Thu Jun 27, 2013 4:12am EDT
* Dollar index slips, likely to be temporary blip
* Euro off 4-week lows, ECB dovish bias to check gains
* Yen under pressure as stock markets steady
By Anirban Nag
LONDON, June 27 (Reuters) - The dollar fell against a currency basket on Thursday for the first time in over a week after Wednesday's downward revision in U.S. first-quarter growth led some investors to trim bets on a stronger greenback.
But the dollar could rebound if U.S. weekly jobless claims data due later beats forecasts. The Federal Reserve has said jobs data will be key to any decision to slow its stimulus.
The dollar index was down 0.15 percent at 82.851, having hit a four-week high of 83.025 on Wednesday.
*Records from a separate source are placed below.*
-- ===== src/Parser/Tests.antt =====
-- Concrete runs of the packet parser.
use ipc_portable.Common.{
  ℕ, ◌≡◌, refl, false, none, some, List, [], ◌∷◌, ◌++◌, arith, take, drop, All,
}
use ipc_portable.Stream.Bytes.{read_unsafe, load_loop}
use ipc_portable.Transport.Memory.{MemoryCopy, SyncData, memory_copy, memory_copy-IsQueue}
use ipc_portable.Parser.{Needed, initial_parser, read_needed_data_size}
use ipc_portable.Parser.Framing.{size_field, next_packet, Delivers, HoldsHeader, IsAcceptable}
use ipc_portable.Parser.Framing.Refines.{read_needed_data_size-next_packet}
use ipc_portable.Parser.Framing.Overflow.{read_needed_data_size_oversize}
use ipc_portable.Parser.Delivery.{IsPacket, Run, polls, IsDelivered, Holding-initial, polls_deliver}

abbrev end_with : List ℕ → SyncData
end_with bytes = record { incoming_data = false; cancel_wait_respond = false; bytes = bytes }

abbrev memory_with : List ℕ → MemoryCopy
memory_with bytes = record { read_end = end_with bytes; write_end = end_with [] }

abbrev one_byte_packet : List ℕ
one_byte_packet = 1 ∷ 0 ∷ 0 ∷ 0 ∷ 2 ∷ 0 ∷ 0 ∷ 0 ∷ 7 ∷ 0 ∷ 0 ∷ 0 ∷ 9 ∷ []

abbrev empty_packet : List ℕ
empty_packet = 0 ∷ 0 ∷ 0 ∷ 0 ∷ 3 ∷ 0 ∷ 0 ∷ 0 ∷ 8 ∷ 0 ∷ 0 ∷ 0 ∷ []

abbrev two_packets : List (List ℕ)
two_packets = one_byte_packet ∷ empty_packet ∷ []

abbrev three_pieces : List (List ℕ)
three_pieces =
    take 5 one_byte_packet
    ∷ (drop 5 one_byte_packet ++ take 3 empty_packet)
    ∷ drop 3 empty_packet
    ∷ []

two_packets-IsPacket : All IsPacket two_packets
unfolding size_field read_unsafe load_loop
two_packets-IsPacket = ((omega arith, refl, omega arith), ((omega arith, refl, omega arith), tt))

polls_deliver_example :
    (r : Run) × (polls three_pieces initial_parser (memory_with []) ≡ some r)
    × IsDelivered two_packets [] r
polls_deliver_example =
    polls_deliver two_packets three_pieces (memory_with []) [] two_packets-IsPacket refl

one_byte_packet-IsAcceptable : IsAcceptable one_byte_packet
unfolding size_field read_unsafe load_loop
one_byte_packet-IsAcceptable = λ _. omega arith

next_packet_example :
    (r : Needed MemoryCopy) × (read_needed_data_size memory_copy initial_parser
        (memory_with one_byte_packet)
      ≡ some r)
    × Delivers memory_copy memory_copy-IsQueue one_byte_packet (next_packet one_byte_packet) r
next_packet_example =
    read_needed_data_size-next_packet memory_copy memory_copy-IsQueue initial_parser []
      (memory_with one_byte_packet) Holding-initial one_byte_packet-IsAcceptable

abbrev oversize_header : List ℕ
oversize_header = 250 ∷ 255 ∷ 255 ∷ 255 ∷ 2 ∷ 0 ∷ 0 ∷ 0 ∷ 7 ∷ 0 ∷ 0 ∷ 0 ∷ []

oversize_header-size : size_field oversize_header ≡ 4294967290
unfolding size_field read_unsafe load_loop
oversize_header-size = refl

HoldsHeader-initial : HoldsHeader initial_parser []
HoldsHeader-initial = record {
  no_size = refl;
  no_data = refl;
  raw_size = refl;
  need_le = omega arith;
  need_pos = omega arith;
  received = refl;
}

oversize_example :
    read_needed_data_size memory_copy initial_parser (memory_with oversize_header) ≡ none
oversize_example =
    read_needed_data_size_oversize memory_copy memory_copy-IsQueue initial_parser []
      (memory_with oversize_header) HoldsHeader-initial (omega arith)
      (omega (arith, oversize_header-size)) (omega (arith, oversize_header-size))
Most of its gains have come on the back of a rise in U.S. yields as more investors price in chances the Fed will start to taper its $85-billion monthly asset purchase programme later this year.
The euro trade marginally higher at $1.3035, off Wednesday's four-week low of $1.2984. Traders said month and quarter-end flows were also likely to help the dollar.
"U.S. 10-year yields seem to be taking a breather at 2.50-2.60 percent with investors waiting for the more heavyweight data like U.S. payrolls numbers and ISM data next week," said Tom Levinson, currency analyst at ING.
The U.S. Commerce Department on Wednesday revised down first quarter growth to a 1.8 percent annual pace from 2.4 percent.
But forward economic indicators have suggested that the world's largest economy has gained more traction in the second quarter, keeping alive expectations that monetary stimulus could be withdrawn and U.S. yields are likely to rise further.
"We are bullish on the dollar, while the euro is expected to weaken as some of comments from ECB policymakers have been fairly dovish," ING's Levinson added.
European Central Bank policymakers have stressed this week that any exit from the bank's extraordinary policy measures is distant.
"The euro has shifted from being a relative outperformer to relative underperformer this week," BNP Paribas analysts wrote.
The dollar rose against the yen with the safe-haven Japanese currency under pressure as demand for riskier assets picked up. But gains are likely to be capped as data showed large Japanese investors sold foreign bonds for the sixth week in a row last week, in their largest net selling in 14 months.
The dollar was up 0.5 percent at 98.205 yen.